Don’t miss the chance to see:

 Mehrangarh Fort and Museum 

Towering 410 feet above the city, Mehrangarh Fort is a silent, colossal sentinel that keeps watching over all of Jodhpur. It’s one of the largest forts in the country, and the museum housed within is one of the most well-stocked in the entire state of Rajasthan.

Image via www.travelescape.in

There are a total of seven-period rooms and six galleries that showcase the heritage of the Rathore, the Rajput clan that founded and ruled over the area. Of particular interest is its collection of houdahs, those carriages set upon the backs of elephants for kings and other members of royalty to ride on.

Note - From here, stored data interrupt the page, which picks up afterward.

-- ===== src/Ingest.antt =====
-- internal/api/middleware.go (AgentKeyAuth), internal/api/handlers.go (PostAgentMetrics) and the
-- statements of internal/store/agent_metrics.go that it runs. The keys are the pairs of a host and
-- its key in the order of the loop over the map; the bearer token is none if the header has none.
-- `V` is a metric's value. The broadcast of a stored payload is left out.
pub mod Ownership
use whatsupp.Base.{
  ℕ, String, Bool, true, false, not, ◌&&◌, ◌||◌, List, [], ◌∷◌, ◌++◌, Option, none, some, str_eq,
  if◌then◌else◌, Map, insert, map,
}
use whatsupp.Agent.Buffer.{Metric}

unfoldable pub matched_host : String → List (String × String) → String → String
matched_host token [] matched = matched
matched_host token ((host, key) ∷ keys) matched =
    matched_host token keys (if str_eq token key then host else matched)

unfoldable pub agent_key_auth : List (String × String) → Option String → Option String
unfolding matched_host
agent_key_auth keys none = none
agent_key_auth keys (some token) =
    let host = matched_host token keys "" in if str_eq host "" then none else some host

pub record AgentMetricRow (V : Type 0) : Type 0 where
  pub host : String
  pub timestamp : ℕ
  pub metric_name : String
  pub value : V

pub record AgentHeartbeat : Type 0 where
  pub last_seen_at : ℕ
  pub version : String

pub record AgentTables (V : Type 0) : Type 0 where
  pub agent_metrics : List (AgentMetricRow V)
  pub agent_heartbeats : Map AgentHeartbeat

-- The time is none if it does not parse.
pub record AgentMetricsPayload (V : Type 0) : Type 0 where
  pub host : String
  pub timestamp : Option ℕ
  pub metrics : List (Metric V)
  pub version : String

pub record Faults : Type 0 where
  pub insert_metrics : Bool
  pub upsert_heartbeat : Bool
  pub update_version : Bool

pub data Reply : Type 0 where
  stored bad_request forbidden internal_error unauthorized : Reply

abbrev pub time_of : Option ℕ → ℕ → ℕ
time_of none now = now
time_of (some at) now = at

abbrev pub version_of : Option AgentHeartbeat → String
version_of none = ""
version_of (some hb) = hb.version

module _ {V : Type 0} where
  unfoldable pub metric_row : String → ℕ → Metric V → AgentMetricRow V
  metric_row host at m = record {
    host = host;
    timestamp = at;
    metric_name = m.name;
    value = m.value;
  }

  unfoldable pub insert_agent_metrics_batch :
      String → ℕ → List (Metric V) → AgentTables V → AgentTables V
  unfolding metric_row
  insert_agent_metrics_batch host at metrics t = record t {
    agent_metrics = t.agent_metrics ++ map (metric_row host at) metrics;
  }

  unfoldable pub upsert_heartbeat : String → ℕ → AgentTables V → AgentTables V
  upsert_heartbeat host at t =
      let hb : AgentHeartbeat = record {
        last_seen_at = at;
        version = version_of (t.agent_heartbeats host);
      } in
      record t { agent_heartbeats = insert t.agent_heartbeats host hb }

  unfoldable pub update_agent_version : String → String → AgentTables V → AgentTables V
  update_agent_version host version t = elim (t.agent_heartbeats host) [
    | none ↦ t
    | some hb ↦ record t {
      agent_heartbeats = insert t.agent_heartbeats host (record hb { version = version });
    }
  ]

  abbrev pub has_metrics : List (Metric V) → Bool
  has_metrics [] = false
  has_metrics (m ∷ ms) = true

  -- The statements of a payload that was let through; only the first one's error is reported.
  unfoldable pub store_metrics :
      Faults → ℕ → AgentMetricsPayload V → AgentTables V → Reply × AgentTables V
  unfolding insert_agent_metrics_batch upsert_heartbeat update_agent_version
  store_metrics f now p t =
      let at = time_of p.timestamp now in
      if f.insert_metrics
      then (internal_error, t)
      else let inserted = insert_agent_metrics_batch p.host at p.metrics t in
        let seen = if f.upsert_heartbeat then inserted else upsert_heartbeat p.host at inserted in
        (
          stored,
          if str_eq p.version "" || f.update_version
              then seen
              else update_agent_version p.host p.version seen,
        )

  -- The body is none if it does not decode.
  unfoldable pub post_agent_metrics :
      Faults → ℕ → String → Option (AgentMetricsPayload V) → AgentTables V → Reply × AgentTables V
  unfolding store_metrics
  post_agent_metrics f now authed_host none t = (bad_request, t)
  post_agent_metrics f now authed_host (some p) t =
      if str_eq p.host "" || not (has_metrics p.metrics)
      then (bad_request, t)
      else if not (str_eq authed_host "") && not (str_eq p.host authed_host)
      then (forbidden, t)
      else store_metrics f now p t

  -- The route: the handler behind the middleware.
  unfoldable pub push :
      List (String × String)
      → Faults
      → ℕ
      → Option String
      → Option (AgentMetricsPayload V)
      → AgentTables V
      → Reply × AgentTables V
  unfolding agent_key_auth post_agent_metrics
  push keys f now bearer body t = elim (agent_key_auth keys bearer) [
    | none ↦ (unauthorized, t)
    | some host ↦ post_agent_metrics f now host body t
  ]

There’s also the gallery of palanquins, which were mainly used by noblewomen. If history and culture isn’t your thing but adrenaline-pumping pursuits are, try out the Flying Fox zipline adventure courses on the north side of the fort, where you can whizz around and above the fort’s battlements like a video game character.


 Toorji’s Step Well 

Built sometime in the 1740s, this well used to be a vital source of drinking water for the citizens of Jodhpur until it was rendered obsolete by modern plumbing systems. For decades thereafter, it languished, becoming decrepit and unused. It has since been cleaned up and restored, and it now serves as a major attraction for both guests to the city and local youths, who use it as an informal swimming pool. You’ll find them jumping off its lofty walls into the water below.

Image via kevinstandagephotography

The best vantage point for watching these kids is from the café that has occupied a space atop the well. Make sure to order a refreshing lassi, and situate yourself on the viewing deck for great action shots. The steps leading down to the water are also a fantastic textural backdrop for your next display photo.

Travel tip:
Maintaining your health condition while travelling is extremely important to ensure you have a smooth and memorable trip.

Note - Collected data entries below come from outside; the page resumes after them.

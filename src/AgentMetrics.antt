-- ===== src/AgentMetrics.antt =====
-- The storage tiers of agent metrics: the statements of internal/store/agent_metrics.go, the rounds of
-- internal/hub/downsampler.go that run them, and GetHostMetrics of internal/api/handlers.go. Times are
-- seconds of the Unix epoch.
pub mod Queries
pub mod Rows
pub mod Groups
pub mod Quarter
pub mod Enclosing
pub mod Retention
pub mod Shown
use whatsupp.Base.{
  ℕ, ◌≡◌, ◌⊎◌, ◌-◌, ◌*◌, ◌/◌, String, Bool, true, false, not, ◌&&◌, ◌||◌, List, [], ◌∷◌, Option,
  none, some, ltb, leb, ◌==◌, str_eq, if◌then◌else◌, keep_if, map,
}
use whatsupp.Ingest.{AgentMetricRow}

pub record AgentMetricSummary (V : Type 0) : Type 0 where
  pub host : String
  pub bucket : ℕ
  pub metric_name : String
  pub avg : V
  pub min : V
  pub max : V

-- The five tables.
pub record MetricTables (V : Type 0) : Type 0 where
  pub agent_metrics : List (AgentMetricRow V)
  pub agent_metrics_5min : List (AgentMetricSummary V)
  pub agent_metrics_15min : List (AgentMetricSummary V)
  pub agent_metrics_hourly : List (AgentMetricSummary V)
  pub agent_metrics_daily : List (AgentMetricSummary V)

-- What the database does with the values of a metric: their order, AVG, the order in which a GROUP BY
-- gives its rows, and LIKE with a name and a wildcard after it.
pub record Database (V : Type 0) : Type 0 where
  pub leq : V → V → Bool
  pub average : V → List V → V
  pub group_order : List (AgentMetricSummary V) → List (AgentMetricSummary V)
  pub like : String → String → Bool

abbrev pub hour : ℕ
hour = 3_600

abbrev pub day : ℕ
day = 24 * hour

abbrev pub retain_agent_metrics_raw : ℕ
retain_agent_metrics_raw = 6 * hour

abbrev pub retain_agent_metrics_5min : ℕ
retain_agent_metrics_5min = 24 * hour

abbrev pub retain_agent_metrics_15min : ℕ
retain_agent_metrics_15min = 7 * day

abbrev pub retain_hourly : ℕ
retain_hourly = 90 * day

abbrev pub in_window : ℕ → ℕ → ℕ → Bool
in_window from to t = leb from t && ltb t to

pub data MetricTier : Type 0 where
  raw five_min fifteen_min hourly daily : MetricTier

unfoldable pub select_agent_metric_tier : ℕ → MetricTier
select_agent_metric_tier duration =
    if leb duration hour
    then raw
    else if leb duration (6 * hour)
    then five_min
    else if leb duration (48 * hour)
    then fifteen_min
    else if leb duration (7 * day)
    then hourly
    else daily

module _ {V : Type 0} where
  -- A raw row as a summary of itself.
  unfoldable pub as_summary : AgentMetricRow V → AgentMetricSummary V
  as_summary r = record {
    host = r.host;
    bucket = r.timestamp;
    metric_name = r.metric_name;
    avg = r.value;
    min = r.value;
    max = r.value;
  }

  abbrev pub same_key : AgentMetricSummary V → AgentMetricSummary V → Bool
  same_key s q =
      str_eq s.host q.host && (s.bucket == q.bucket && str_eq s.metric_name q.metric_name)

  abbrev pub Held : AgentMetricSummary V → List (AgentMetricSummary V) → Type 0
  Held s [] = ⊥
  Held s (q ∷ rows) = (q ≡ s) ⊎ Held s rows

  -- A group is its first row and the others.
  unfoldable pub add_to_groups :
      AgentMetricSummary V
      → List (AgentMetricSummary V × List (AgentMetricSummary V))
      → List (AgentMetricSummary V × List (AgentMetricSummary V))
  add_to_groups s [] = (s, []) ∷ []
  add_to_groups s ((g, rest) ∷ gs) =
      let others = add_to_groups s gs in
      if same_key g s then (s, g ∷ rest) ∷ gs else (g, rest) ∷ others

  -- GROUP BY host, bucket, metric_name
  unfoldable pub group_rows :
      List (AgentMetricSummary V) → List (AgentMetricSummary V × List (AgentMetricSummary V))
  unfolding add_to_groups
  group_rows [] = []
  group_rows (s ∷ rows) = add_to_groups s (group_rows rows)

  abbrev pub set_bucket : (ℕ → ℕ) → AgentMetricSummary V → AgentMetricSummary V
  set_bucket f s = record s { bucket = f s.bucket }

  -- ON CONFLICT(host, bucket, metric_name) DO UPDATE
  unfoldable pub upsert :
      AgentMetricSummary V → List (AgentMetricSummary V) → List (AgentMetricSummary V)
  upsert s [] = s ∷ []
  upsert s (q ∷ table) = let rest = upsert s table in if same_key q s then s ∷ table else q ∷ rest

  unfoldable pub upsert_all :
      List (AgentMetricSummary V) → List (AgentMetricSummary V) → List (AgentMetricSummary V)
  unfolding upsert
  upsert_all [] table = table
  upsert_all (s ∷ rows) table = upsert_all rows (upsert s table)

module _ {V : Type 0} (db : Database V) where
  -- MIN and MAX over the values after the first.
  unfoldable pub least : V → List V → V
  least v [] = v
  least v (w ∷ vs) = let rest = least w vs in if db.leq v rest then v else rest

  unfoldable pub greatest : V → List V → V
  greatest v [] = v
  greatest v (w ∷ vs) = let rest = greatest w vs in if db.leq v rest then rest else v

  unfoldable pub merge : AgentMetricSummary V × List (AgentMetricSummary V) → AgentMetricSummary V
  unfolding least greatest
  merge (s, rest) = record s {
    avg = db.average s.avg (map (λ q. q.avg) rest);
    min = least s.min (map (λ q. q.min) rest);
    max = greatest s.max (map (λ q. q.max) rest);
  }

  unfoldable pub grouped : List (AgentMetricSummary V) → List (AgentMetricSummary V)
  unfolding group_rows merge
  grouped rows = db.group_order (map merge (group_rows rows))

  -- The table has no column `bucket`: GROUP BY takes the name of the result.
  unfoldable pub aggregate_agent_metrics_5min : ℕ → ℕ → MetricTables V → MetricTables V
  unfolding as_summary grouped upsert_all
  aggregate_agent_metrics_5min from to t =
      let rows = map as_summary (keep_if (λ r. in_window from to r.timestamp) t.agent_metrics) in
      record t {
        agent_metrics_5min =
            upsert_all (grouped (map (set_bucket λ b. b / 300 * 300) rows)) t.agent_metrics_5min;
      }

  -- The table has a column `bucket`: GROUP BY takes the column, not the name of the result.
  unfoldable pub aggregate_agent_metrics_15min : ℕ → ℕ → MetricTables V → MetricTables V
  unfolding grouped upsert_all
  aggregate_agent_metrics_15min from to t =
      let rows = keep_if (λ s. in_window from to s.bucket) t.agent_metrics_5min in
      record t {
        agent_metrics_15min =
            upsert_all (map (set_bucket λ b. b / 900 * 900) (grouped rows)) t.agent_metrics_15min;
      }

  unfoldable pub aggregate_agent_metrics_hourly : ℕ → ℕ → MetricTables V → MetricTables V
  unfolding grouped upsert_all
  aggregate_agent_metrics_hourly hour_start hour_end t =
      let rows = keep_if (λ s. in_window hour_start hour_end s.bucket) t.agent_metrics_5min in
      record t {
        agent_metrics_hourly =
            upsert_all (grouped (map (set_bucket λ b. hour_start) rows)) t.agent_metrics_hourly;
      }

  unfoldable pub aggregate_agent_metrics_daily : ℕ → ℕ → MetricTables V → MetricTables V
  unfolding grouped upsert_all
  aggregate_agent_metrics_daily day_start day_end t =
      let rows = keep_if (λ s. in_window day_start day_end s.bucket) t.agent_metrics_hourly in
      record t {
        agent_metrics_daily =
            upsert_all (grouped (map (set_bucket λ b. day_start) rows)) t.agent_metrics_daily;
      }

-- What is documented of the database: the values are ordered, AVG of one value is the value, and a
-- GROUP BY gives each of its rows, and no other, in an order of its own.
pub record DatabaseLaws {V : Type 0} (db : Database V) : Type 0 where
  pub leq_refl : (v : V) → db.leq v v ≡ true
  pub leq_trans : (v w x : V) → db.leq v w ≡ true → db.leq w x ≡ true → db.leq v x ≡ true
  pub leq_total : (v w : V) → db.leq v w ≡ false → db.leq w v ≡ true
  pub average_one : (v : V) → db.average v [] ≡ v
  pub group_order_loses_none :
      (r : AgentMetricSummary V) (rows : List (AgentMetricSummary V))
      → Held r rows
      → Held r (db.group_order rows)
  pub group_order_adds_none :
      (r : AgentMetricSummary V) (rows : List (AgentMetricSummary V))
      → Held r (db.group_order rows)
      → Held r rows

1. The quality of air in some cities in India can be unhealthy for travellers, I suggest you wear sawdust and reusable face mask.

2. Bringing your own bottle when travelling is great. Use the LifeStraw Go Bottle to ensure the water you consume is clean. Easy!

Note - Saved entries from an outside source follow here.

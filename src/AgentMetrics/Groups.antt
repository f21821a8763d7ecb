-- ===== src/AgentMetrics/Groups.antt =====
-- internal/store/agent_metrics.go: each row has its group, no two groups have the same key, and a row
-- that is written stays.
use whatsupp.Base.{
  ◌≡◌, refl, sym, ap, subst, ◌∙◌, true, false, List, [], ◌∷◌, arith, eq_iff, Bool-cases, inl, inr,
  ◌⊎◌, All,
}
use whatsupp.AgentMetrics.{
  AgentMetricSummary, Held, same_key, add_to_groups, group_rows, upsert, upsert_all,
}

abbrev pub Group : Type 0 → Type 0
Group V = AgentMetricSummary V × List (AgentMetricSummary V)

module _ {V : Type 0} where
  pub upsert-new :
      (s : AgentMetricSummary V) (table : List (AgentMetricSummary V)) → Held s (upsert s table)
  unfolding upsert
  upsert-new s [] = inl refl
  upsert-new s (q ∷ table) = elim (Bool-cases (same_key q s)) [
    | inl same ↦ rw (same, upsert) (inl refl)
    | inr other ↦ rw (other, upsert) (inr (upsert-new s table))
  ]

  -- A row stays in the table unless one with its key and other values comes.
  pub upsert-old :
      (s r : AgentMetricSummary V) (table : List (AgentMetricSummary V))
      → (same_key r s ≡ true → s ≡ r)
      → Held r table
      → Held r (upsert s table)
  unfolding upsert
  upsert-old s r [] f h = absurd h
  upsert-old s r (q ∷ table) f (inl e) = elim (Bool-cases (same_key q s)) [
    | inl same ↦ rw (same, upsert) (inl (f (rw e at same)))
    | inr other ↦ rw (other, upsert) (inl e)
  ]
  upsert-old s r (q ∷ table) f (inr h) = elim (Bool-cases (same_key q s)) [
    | inl same ↦ rw (same, upsert) (inr h)
    | inr other ↦ rw (other, upsert) (inr (upsert-old s r table f h))
  ]

  pub upsert_all-old :
      (rows table : List (AgentMetricSummary V)) (r : AgentMetricSummary V)
      → ((s : AgentMetricSummary V) → Held s rows → same_key r s ≡ true → s ≡ r)
      → Held r table
      → Held r (upsert_all rows table)
  unfolding upsert_all
  upsert_all-old [] table r f h = h
  upsert_all-old (s ∷ rows) table r f h =
      upsert_all-old rows (upsert s table) r (λ q held. f q (inr held))
        (upsert-old s r table (f s (inl refl)) h)

  pub upsert_all-new :
      (rows table : List (AgentMetricSummary V)) (r : AgentMetricSummary V)
      → ((s : AgentMetricSummary V) → Held s rows → same_key r s ≡ true → s ≡ r)
      → Held r rows
      → Held r (upsert_all rows table)
  unfolding upsert_all
  upsert_all-new [] table r f h = absurd h
  upsert_all-new (s ∷ rows) table r f (inl e) =
      upsert_all-old rows (upsert s table) r (λ q held. f q (inr held))
        (rw (← e) (upsert-new s table))
  upsert_all-new (s ∷ rows) table r f (inr h) =
      upsert_all-new rows (upsert s table) r (λ q held. f q (inr held)) h

  abbrev pub HeldIn : Group V → List (Group V) → Type 0
  HeldIn g [] = ⊥
  HeldIn g (x ∷ gs) = (x ≡ g) ⊎ HeldIn g gs

  -- A group with the key of the row has the row in it.
  abbrev pub Covers : AgentMetricSummary V → List (Group V) → Type 0
  Covers s gs = (g : Group V) × HeldIn g gs × (same_key g.0 s ≡ true) × Held s (g.0 ∷ g.1)

  pub same_key_refl : (s : AgentMetricSummary V) → same_key s s ≡ true
  same_key_refl s = ground (arith, eq_iff s.host s.host, eq_iff s.metric_name s.metric_name)

  pub same_key_sym : (s q : AgentMetricSummary V) → same_key s q ≡ true → same_key q s ≡ true
  same_key_sym s q e = ground (
    arith,
    e,
    eq_iff s.host q.host,
    eq_iff q.host s.host,
    eq_iff s.metric_name q.metric_name,
    eq_iff q.metric_name s.metric_name,
  )

  pub same_key_trans :
      (s q r : AgentMetricSummary V)
      → same_key s q ≡ true
      → same_key q r ≡ true
      → same_key s r ≡ true
  same_key_trans s q r e f = ground (
    arith,
    e,
    f,
    eq_iff s.host q.host,
    eq_iff q.host r.host,
    eq_iff s.host r.host,
    eq_iff s.metric_name q.metric_name,
    eq_iff q.metric_name r.metric_name,
    eq_iff s.metric_name r.metric_name,
  )

  pub add-Covers-new :
      (s : AgentMetricSummary V) (gs : List (Group V)) → Covers s (add_to_groups s gs)
  unfolding add_to_groups
  add-Covers-new s [] = ((s, []), inl refl, same_key_refl s, inl refl)
  add-Covers-new s ((g, rest) ∷ gs) = elim (Bool-cases (same_key g s)) [
    | inl same ↦ rw (same, add_to_groups) ((s, g ∷ rest), inl refl, same_key_refl s, inl refl)
    | inr other ↦
        let (x, held, key, within) = add-Covers-new s gs in
        rw (other, add_to_groups) (x, inr held, key, within)
  ]

  pub add-Covers-old :
      (s r : AgentMetricSummary V) (gs : List (Group V))
      → Covers r gs
      → Covers r (add_to_groups s gs)
  unfolding add_to_groups
  add-Covers-old s r [] c = absurd c.1
  add-Covers-old s r ((g, rest) ∷ gs) (x, inl e, key, within) = elim (Bool-cases (same_key g s)) [
    | inl same ↦
        let key' : same_key g r ≡ true = ap (λ (y : Group V). same_key y.0 r) e ∙ key in
        let within' : Held r (g ∷ rest) =
          subst (λ (y : Group V). Held r (y.0 ∷ y.1)) (sym e) within in
        rw (same, add_to_groups)
          ((s, g ∷ rest), inl refl, same_key_trans s g r (same_key_sym g s same) key', inr within')
    | inr other ↦ rw (other, add_to_groups) (x, inl e, key, within)
  ]
  add-Covers-old s r ((g, rest) ∷ gs) (x, inr held, key, within) =
      elim (Bool-cases (same_key g s)) [
        | inl same ↦ rw (same, add_to_groups) (x, inr held, key, within)
        | inr other ↦
            let (y, held', key', within') = add-Covers-old s r gs (x, held, key, within) in
            rw (other, add_to_groups) (y, inr held', key', within')
      ]

  pub group_rows-Covers :
      (rows : List (AgentMetricSummary V)) (s : AgentMetricSummary V)
      → Held s rows
      → Covers s (group_rows rows)
  unfolding group_rows
  group_rows-Covers [] s h = absurd h
  group_rows-Covers (q ∷ rows) s (inl e) =
      subst (λ x. Covers x (add_to_groups q (group_rows rows))) e
        (add-Covers-new q (group_rows rows))
  group_rows-Covers (q ∷ rows) s (inr h) =
      add-Covers-old q s (group_rows rows) (group_rows-Covers rows s h)

  -- No two groups have the same key.
  unfoldable pub UniqueGroups : List (Group V) → Type 0
  UniqueGroups [] = Unit
  UniqueGroups (g ∷ gs) = All (λ x. same_key x.0 g.0 ≡ false) gs × UniqueGroups gs

  pub add-heads :
      (s h : AgentMetricSummary V) (gs : List (Group V))
      → same_key s h ≡ false
      → All (λ x. same_key x.0 h ≡ false) gs
      → All (λ x. same_key x.0 h ≡ false) (add_to_groups s gs)
  unfolding add_to_groups
  add-heads s h [] n ns = (n, tt)
  add-heads s h ((g, rest) ∷ gs) n (m, ms) = elim (Bool-cases (same_key g s)) [
    | inl same ↦ rw (same, add_to_groups) (n, ms)
    | inr other ↦ rw (other, add_to_groups) (m, add-heads s h gs n ms)
  ]

  pub same_key-false : (s q : AgentMetricSummary V) → same_key s q ≡ false → same_key q s ≡ false
  same_key-false s q e = elim (Bool-cases (same_key q s)) [
    | inl same ↦ absurd (ground (arith, e, same_key_sym q s same))
    | inr other ↦ other
  ]

  pub heads_same :
      (g s : AgentMetricSummary V) (gs : List (Group V))
      → same_key g s ≡ true
      → All (λ x. same_key x.0 g ≡ false) gs
      → All (λ x. same_key x.0 s ≡ false) gs
  heads_same g s [] e ns = tt
  heads_same g s (x ∷ gs) e (n, ns) = (
    elim (Bool-cases (same_key x.0 s)) [
      | inl same ↦ absurd (ground (arith, n, same_key_trans x.0 s g same (same_key_sym g s e)))
      | inr other ↦ other
    ],
    heads_same g s gs e ns,
  )

  pub add-UniqueGroups :
      (s : AgentMetricSummary V) (gs : List (Group V))
      → UniqueGroups gs
      → UniqueGroups (add_to_groups s gs)
  unfolding add_to_groups UniqueGroups
  add-UniqueGroups s [] u = (tt, tt)
  add-UniqueGroups s ((g, rest) ∷ gs) (u, us) = elim (Bool-cases (same_key g s)) [
    | inl same ↦ rw (same, add_to_groups) (heads_same g s gs same u, us)
    | inr other ↦
        rw (other, add_to_groups)
          (add-heads s g gs (same_key-false g s other) u, add-UniqueGroups s gs us)
  ]

  pub group_rows-UniqueGroups :
      (rows : List (AgentMetricSummary V)) → UniqueGroups (group_rows rows)
  unfolding group_rows
  group_rows-UniqueGroups [] = unfold UniqueGroups in tt
  group_rows-UniqueGroups (s ∷ rows) =
      add-UniqueGroups s (group_rows rows) (group_rows-UniqueGroups rows)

3. For ladies, it is highly recommended to wear decent attire when they are out in public. Always bring a scarf to cover up.



This group of islands off the coast of Kerala in the Laccadive Sea is, in a word, paradise. It is composed of about 39 islands and islets that include 12 atolls, 3 reefs, and 5 submerged banks. Only ten of the islands are currently inhabited, and permits are required if you’d like to visit, making this one of the last truly unspoiled coastal frontiers left in the continent.

If you’re tired of taking your white sands, pristine waters and coral reefs with luxury resort trappings and gaudy developments (as well as the inevitable damage to the local ecosystem that results with their presence), the archipelago of Lakshadweep is for you.

For views and experiences that will blow your mind, head to:

 Agatti Island 

Only 7-and-a-half kilometres long, this small island is one of the few in Lakshadweep that is open to tourists. An entry permit from the Lakshadweep Administration is required to visit, a formidable barrier that most visitors tend to baulk at.

Image via www.travellersofindia.com

Your efforts at obtaining one will be richly rewarded, though—imagine having virtually no competition for real estate at the spectacular beaches, nor will there ever be a need to fight through crowds to see and swim in the island’s magnificent lagoon. The coral reefs surrounding the island are in excellent condition and teeming with life, making this one of the more popular spots for indulging in the sport, too.


 The Princess Royal wreck 

In 2002, archaeologists were able to find the remains of an 18th-century British ship in the Arabian Sea, where the islands of Lakshadweep are. They say that it is most likely Princess Royal, sunk in the battle against the French over 200 years ago. Divers have since recovered various artefacts from the sunken vessel and donated them to the Lakshadweep Museum. The wreck, however, still sits about 35 meters below the surface in clear water and is nothing short of an exhilarating thrill to explore.

How about you? Which place in India would you like to visit next?